WHAT TO PRODUCE: Among the lines below, tally those that contain "done" and respond with the total only.

DATA LISTING:
::::::::
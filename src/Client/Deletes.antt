-- ===== src/Client/Deletes.antt =====
-- What `DeleteAllOf` of a duck client does.
use Prim.Native.Char.{Char}
use ducks.Prelude.{String, ◌≡◌, false, [], ◌∷◌, inl, inr}
use ducks.Prelude.Exec.{Result, ok, err, outcome_cases}
use ducks.Schema.{Schema}
use ducks.Conditions.{Conditions}
use ducks.Api.{Duck}
use ducks.Client.Wrapped.{Upstream, Object}
use ducks.Client.Select.{Ducks}
use ducks.Client.Lookup.{Finds, find_ducks-Finds}
use ducks.Client.{ClientError, other, find_ducks, delete_each, delete_all_of}

module _ (s : Schema) (c : Conditions) (lower : Char → Char) (u : Upstream c.Status) where
  open u use {World, Error, Content, Opts}

  -- The object under the kind and version of a duck.
  abbrev as_duck : Object Content → Duck c.Status → Object Content
  as_duck obj d = record {
    gvk = record { group = d.spec.group; version = d.spec.version; kind = d.spec.kind };
    content = obj.content;
  }

  -- Deletes of one resource after the other; the first failure ends them, and what was deleted
  -- before it stays deleted.
  pub data Deletes (obj : Object Content) (opts : Opts)
      : Ducks c → World → Result (ClientError Error) Unit × World → Type 0 where
    done : {w : World} → Deletes obj opts [] w (ok tt, w)
    stop :
        {d : Duck c.Status} {ds : Ducks c} {w w₁ : World} {e : Error}
        → u.delete_all_of (as_duck obj d) opts w ≡ (err e, w₁)
        → Deletes obj opts (d ∷ ds) w (err (other e), w₁)
    next :
        {d : Duck c.Status} {ds : Ducks c} {w w₁ : World}
        {r : Result (ClientError Error) Unit × World}
        → u.delete_all_of (as_duck obj d) opts w ≡ (ok tt, w₁)
        → Deletes obj opts ds w₁ r
        → Deletes obj opts (d ∷ ds) w r

  -- The outcomes of `DeleteAllOf`.
  pub data DeletesAs (name : String) (obj : Object Content) (opts : Opts) (w : World)
      : Result (ClientError Error) Unit × World → Type 0 where
    lookup_failed :
        {e : ClientError Error} {w₁ : World}
        → Finds s c lower u name
            (record { group = obj.gvk.group; kind = obj.gvk.kind })
            false
            w
            (err e, w₁)
        → DeletesAs name obj opts w (err e, w₁)
    deleted :
        {found : Ducks c} {w₁ : World} {r : Result (ClientError Error) Unit × World}
        → Finds s c lower u name
            (record { group = obj.gvk.group; kind = obj.gvk.kind })
            false
            w
            (ok found, w₁)
        → Deletes obj opts found w₁ r
        → DeletesAs name obj opts w r

  delete_each-Deletes :
      (obj : Object Content) (opts : Opts) (ds : Ducks c) (w : World)
      → Deletes obj opts ds w (delete_each s c lower u obj opts ds w)
  unfolding delete_each
  delete_each-Deletes obj opts [] w = done
  delete_each-Deletes obj opts (d ∷ ds) w =
      elim (outcome_cases (u.delete_all_of (as_duck obj d) opts w)) [
        | inr (e, w₁, failed) ↦ rw failed (stop failed)
        | inl (tt, w₁, gone) ↦ rw gone (next gone (delete_each-Deletes obj opts ds w₁))
      ]

  -- `DeleteAllOf` looks the kind of its object up without tracking, and deletes all of each wanted
  -- duck's resource in the order of the ducks, up to the first failure.
  pub delete_all_of-DeletesAs :
      (name : String) (obj : Object Content) (opts : Opts) (w : World)
      → DeletesAs name obj opts w (delete_all_of s c lower u name obj opts w)
  unfolding delete_all_of
  delete_all_of-DeletesAs name obj opts w =
      elim (outcome_cases (find_ducks s c lower u name (s.group_kind obj.gvk) false w)) [
        | inr (e, w₁, failed) ↦ rw failed (lookup_failed (rw failed at finds))
        | inl (found, w₁, listed) ↦
            rw listed (deleted (rw listed at finds) (delete_each-Deletes obj opts found w₁))
      ]
    where
      finds :
          Finds s c lower u name
            (record { group = obj.gvk.group; kind = obj.gvk.kind })
            false
            w
            (find_ducks s c lower u name (s.group_kind obj.gvk) false w)
      finds = rw (s.group_kind_lem obj.gvk) (find_ducks-Finds s c lower u name _ false w)
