-- ===== src/Client/Found.antt =====
-- Which ducks a lookup returns.
use Prim.Native.Char.{Char}
use ducks.Prelude.{
  String, ◌≡◌, ◌↔◌, ◌⊎◌, inl, inr, refl, sym, subst, Bool, true, [], ◌∷◌, In, Bool-cases, ↔-trans,
}
use ducks.Prelude.Text.{◌<>◌}
use ducks.Prelude.Exec.{Result, ok, err}
use ducks.Schema.{Schema, GroupKind}
use ducks.Conditions.{Conditions}
use ducks.Api.{Duck, DuckType, DuckSpec}
use ducks.Api.Webhook.{duck_type_default}
use ducks.Client.Wrapped.{Upstream}
use ducks.Client.Select.{
  Ducks, duck_type_is_ready, select_ducks, IsBlank, IsWanted, Selects, done, keep, drop,
  select_ducks-Selects,
}
use ducks.Client.{ClientError, read_items, check_found, find_ducks}

default_keeps_ready :
    (lower : Char → Char) (c : Conditions) (t : DuckType c.Status)
    → duck_type_is_ready c (duck_type_default lower t) ≡ duck_type_is_ready c t
unfolding duck_type_default duck_type_is_ready
default_keeps_ready lower c t = refl

module _ (s : Schema) (c : Conditions) where
  -- A selection has exactly the wanted ducks of its list.
  Selects-In :
      {gk : GroupKind} {ds out : Ducks c} (d : Duck c.Status)
      → Selects s c gk ds out
      → In d out ↔ (In d ds × IsWanted s c gk d)
  Selects-In d done = ((λ i. absurd i), λ h. h.0)
  Selects-In d (keep w rest) = (
    (λ i. elim i [
      | inl e ↦ (inl e, subst (IsWanted s c _) (sym e) w)
      | inr j ↦ let (k, w') = (Selects-In d rest).0 j in (inr k, w')
    ]),
    λ h. elim (h.0) [ inl e ↦ inl e | inr j ↦ inr ((Selects-In d rest).1 (j, h.1)) ],
  )
  Selects-In d (drop unwanted rest) = (
    (λ i. let (k, w) = (Selects-In d rest).0 i in (inr k, w)),
    λ h. elim (h.0) [
      | inl e ↦ absurd (unwanted (subst (IsWanted s c _) e (h.1)))
      | inr j ↦ (Selects-In d rest).1 (j, h.1)
    ],
  )

module _ (s : Schema) (c : Conditions) (lower : Char → Char) (u : Upstream c.Status) where
  open u use {World, Error}

  -- A duck is among those that a lookup returns.
  abbrev pub Found : Duck c.Status → Result (ClientError Error) (Ducks c) × World → Type 0
  Found d (ok out, w) = In d out
  Found d (err e, w) = ⊥

  Found-check_found :
      (gk : GroupKind) (d : Duck c.Status) (out : Ducks c) (w : World)
      → Found d (check_found s c lower u gk out w) ↔ In d out
  Found-check_found gk d [] w = elim (Bool-cases (s.is_empty gk)) [
    | inl blank ↦ rw blank ((λ i. i), λ i. i)
    | inr named ↦ rw named ((λ i. i), λ i. i)
  ]
  Found-check_found gk d (x ∷ xs) w = elim (Bool-cases (s.is_empty gk)) [
    | inl blank ↦ rw blank ((λ i. i), λ i. i)
    | inr named ↦ rw named ((λ i. i), λ i. i)
  ]

  -- A lookup in a ready duck type whose ducks are read returns exactly the wanted ones.
  pub Found-find_ducks :
      (name : String) (gk : GroupKind) (track : Bool) (t : DuckType c.Status) (ds : Ducks c)
      (w w₁ w₂ : World) (d : Duck c.Status)
      → u.get_duck_type name w ≡ (ok t, w₁)
      → duck_type_is_ready c t ≡ true
      → read_items s c lower u (duck_type_default lower t) track w₁ ≡ (ok ds, w₂)
      → Found d (find_ducks s c lower u name gk track w) ↔ (In d ds × IsWanted s c gk d)
  unfolding find_ducks
  Found-find_ducks name gk track t ds w w₁ w₂ d read ready listed =
      ↔-trans
        (rw (read, default_keeps_ready lower c t, ready, listed)
          (Found-check_found gk d (select_ducks s c gk ds) w₂))
        (Selects-In s c d (select_ducks-Selects s c gk ds))

  -- A lookup asks for a group and kind, or a kind of lists, or for all.
  abbrev pub AsksFor : GroupKind → DuckSpec → Type 0
  AsksFor gk spec =
      IsBlank s c gk
      ⊎ ((gk.group ≡ spec.group) × ((gk.kind ≡ spec.kind) ⊎ (gk.kind ≡ spec.kind <> "List")))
::::::::
EXERCISE RESULT: 4